# Solid wood top vs Phenolic insert



## Drugstore Cowboy (May 17, 2007)

Planning on building my own router table.
Strictly hobbyist level use.
Current router 1.75 hp Ryobi 1/4" 
Have seen plans I like on seemingly trustworthy sites for a table top made strictly of layered hardwood plywood leaving 3/8" thickness where the router is to be mounted.
Other sites - some clearly connected with sales of the rectangular phenolic insert plate insist this is the only safe way.
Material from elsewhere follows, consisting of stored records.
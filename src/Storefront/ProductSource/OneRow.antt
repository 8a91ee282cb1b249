-- ===== src/Storefront/ProductSource/OneRow.antt =====
-- The joins of a read do not multiply a product: at most one promotion of each target is active.
use promotion_management_api.Base.{
  ℕ, ◌≤◌, ◌≡◌, refl, sym, ap, ◌∙◌, inl, inr, Bool, true, false, ◌&&◌, ◌||◌, Option, none, some,
  List, [], ◌∷◌, map, arith, leb, ltb, Bool-cases, filterb, length,
}
use promotion_management_api.Base.Texts.{Text, text_eq_iff}
use promotion_management_api.Base.Rows.{length-filterb_one}
use promotion_management_api.Product.Repository.{Product}
use promotion_management_api.Promotion.Table.{
  Promotion, Promotions, is_active, same_product, same_category, conflicts,
}
use promotion_management_api.Promotion.Repository.{active_promotions}
use promotion_management_api.Promotion.Repository.Soundness.{IsConstrained}
use promotion_management_api.Promotion.Repository.Reachable.{Reachable, Reachable-IsConstrained}
use promotion_management_api.Storefront.ProductPricer.{SourceRow}
use promotion_management_api.Storefront.ProductSource.{
  Source, left_joined, promotes_product, promotes_category, row_of, each, rows_of, is_one_of,
  selected,
}

same_product_meet :
    (a b c : Option ℕ) → same_product a c ≡ true → same_product b c ≡ true → same_product a b ≡ true
same_product_meet none b c h k = cc
same_product_meet (some a) none c h k = cc
same_product_meet (some a) (some b) none h k = cc
same_product_meet (some a) (some b) (some c) h k = ground arith

same_category_meet :
    (a b c : Option Text)
    → same_category a c ≡ true
    → same_category b c ≡ true
    → same_category a b ≡ true
same_category_meet none b c h k = cc
same_category_meet (some a) none c h k = cc
same_category_meet (some a) (some b) none h k = cc
same_category_meet (some a) (some b) (some c) h k =
    (text_eq_iff a b).1 ((text_eq_iff a c).0 h ∙ sym ((text_eq_iff b c).0 k))

abbrev is_running : ℕ → Promotion → Bool
is_running now row = is_active row.status && leb row.starts_at now && ltb now row.ends_at

filterb-filterb_and :
    {A : Type 0} (p q : A → Bool) (xs : List A)
    → filterb p (filterb q xs) ≡ filterb (λ x. q x && p x) xs
filterb-filterb_and p q [] = refl
filterb-filterb_and p q (x ∷ xs) = elim (Bool-cases (q x)) [
  | inl e ↦ rw e (elim (Bool-cases (p x)) [
    | inl d ↦ rw d (ap (◌∷◌ x) (filterb-filterb_and p q xs))
    | inr d ↦ rw d (filterb-filterb_and p q xs)
  ])
  | inr e ↦ rw e (filterb-filterb_and p q xs)
]

and_true : (a b : Bool) → (a && b) ≡ true → (a ≡ true) × (b ≡ true)
and_true a b h = (ground arith, ground arith)

-- Two active promotions of one target overlap at an instant in which both run.
clash :
    (now : ℕ) (r s : Promotion)
    → (same_product r.product_id s.product_id || same_category r.category s.category) ≡ true
    → is_running now r ≡ true
    → is_running now s ≡ true
    → conflicts r s ≡ true
unfolding conflicts
clash now r s same h k = ground arith

module _ (now : ℕ) (table : Promotions) (sound : IsConstrained table) where
  one_running :
      (targets : Promotion → Bool)
      → ((r s : Promotion)
          → targets r ≡ true
          → targets s ≡ true
          → (same_product r.product_id s.product_id || same_category r.category s.category) ≡ true)
      → length (filterb targets (active_promotions now table)) ≤ 1
  unfolding active_promotions
  one_running targets meet = rw (filterb-filterb_and targets (is_running now) table.rows) (
      length-filterb_one (λ (r s : Promotion). conflicts r s ≡ false)
        (λ r. is_running now r && targets r) table.rows
        (λ r s apart p. elim (Bool-cases (is_running now s && targets s)) [
          | inl q ↦
              let (u, v) = and_true (is_running now r) (targets r) p in
              let (w, x) = and_true (is_running now s) (targets s) q in
              cc (clash now r s (meet r s v x) u w, apart)
          | inr q ↦ q
        ])
        sound.apart)

  pub one_on_product :
      (id : ℕ) → length (filterb (promotes_product id) (active_promotions now table)) ≤ 1
  one_on_product id = one_running (promotes_product id) (λ r s h k.
      let same = same_product_meet r.product_id s.product_id (some id) h k in rw same refl)

  pub one_on_category :
      (category : Text)
      → length (filterb (promotes_category category) (active_promotions now table)) ≤ 1
  one_on_category category = one_running (promotes_category category) (λ r s h k.
      let same = same_category_meet r.category s.category (some category) h k in
      elim (Bool-cases (same_product r.product_id s.product_id)) [
        | inl e ↦ rw e refl
        | inr e ↦ rw (e, same) refl
      ])

-- The promotion that a join finds, where there is at most one.
abbrev pub head? : {A : Type 0} → List A → Option A
head? [] = none
head? (x ∷ xs) = some x

left_joined_one : {A : Type 0} (xs : List A) → length xs ≤ 1 → left_joined xs ≡ head? xs ∷ []
left_joined_one [] h = refl
left_joined_one (x ∷ []) h = refl
left_joined_one (x ∷ y ∷ xs) h = absurd (omega arith)

-- The row of a product under the promotion that runs for it and the one that runs for its category.
abbrev pub joined_row : ℕ → Promotions → Product → SourceRow
joined_row now table p =
    row_of p (head? (filterb (promotes_product p.id) (active_promotions now table)))
      (head? (filterb (promotes_category p.category) (active_promotions now table)))

rows_of_one :
    (now : ℕ) (table : Promotions)
    → IsConstrained table
    → (p : Product) → rows_of (active_promotions now table) p ≡ joined_row now table p ∷ []
unfolding rows_of
rows_of_one now table sound p =
    rw
      (
        left_joined_one _ (one_on_product now table sound p.id),
        left_joined_one _ (one_on_category now table sound p.category),
      )
      refl

each_one :
    (now : ℕ) (table : Promotions)
    → IsConstrained table
    → (ps : List Product)
    → each (rows_of (active_promotions now table)) ps ≡ map (joined_row now table) ps
each_one now table sound [] = refl
each_one now table sound (p ∷ ps) =
    rw (rows_of_one now table sound p)
      (ap (◌∷◌ (joined_row now table p)) (each_one now table sound ps))

-- On promotions that the statements led to, a read gives one row for each product of the table that
-- was asked for, with the one active promotion of the product and of its category, if there is one.
pub selected-once :
    (ids : List ℕ) (now : ℕ) (source : Source)
    → Reachable source.promotions
    → selected ids now source
      ≡ map
          (joined_row now source.promotions)
          (filterb (λ (p : Product). is_one_of ids p.id) source.products)
unfolding selected
selected-once ids now source r =
    each_one now source.promotions (Reachable-IsConstrained r)
      (filterb (λ (p : Product). is_one_of ids p.id) source.products)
Input would be welcome - particularly on any reason a solid wood top is a safety issue.
The point of avoiding the use of the insert is avoiding the $49 cost.
Input on less expensive options would also be welcome.

thanks


----------



## Joe Lyddon (Sep 11, 2004)

Drugstore Cowboy said:


> Planning on building my own router table.
> Strictly hobbyist level use.
> Current router 1.75 hp Ryobi 1/4"
> Have seen plans I like on seemingly trustworthy sites for a table top made strictly of layered hardwood plywood leaving 3/8" thickness where the router is to be mounted.
> ...


Drugstore Cowboy,

Here is something that may help you...
I would stay away from 'solid wood' for a top...
Study this video for the fine points... you'll learn...
http://www.taunton.com/finewoodworking/SkillsAndTechniques/SkillsAndTechniquesArticle.aspx?id=28007

Here, Tom has two dedicated router tables... with his favorite 2 bits available at all times... Note how fancy his stuff is...  
I found out that the sections that hold the routers are Corian with the routers mounted directly to them.
http://www.plamann.com/sys-tmpl/intheshopiii/view.nhtml?profile=intheshopiii&UID=10005

EDIT: I think I remember him saying that one is for 1/2" shanks and the other for 1/4" shanks...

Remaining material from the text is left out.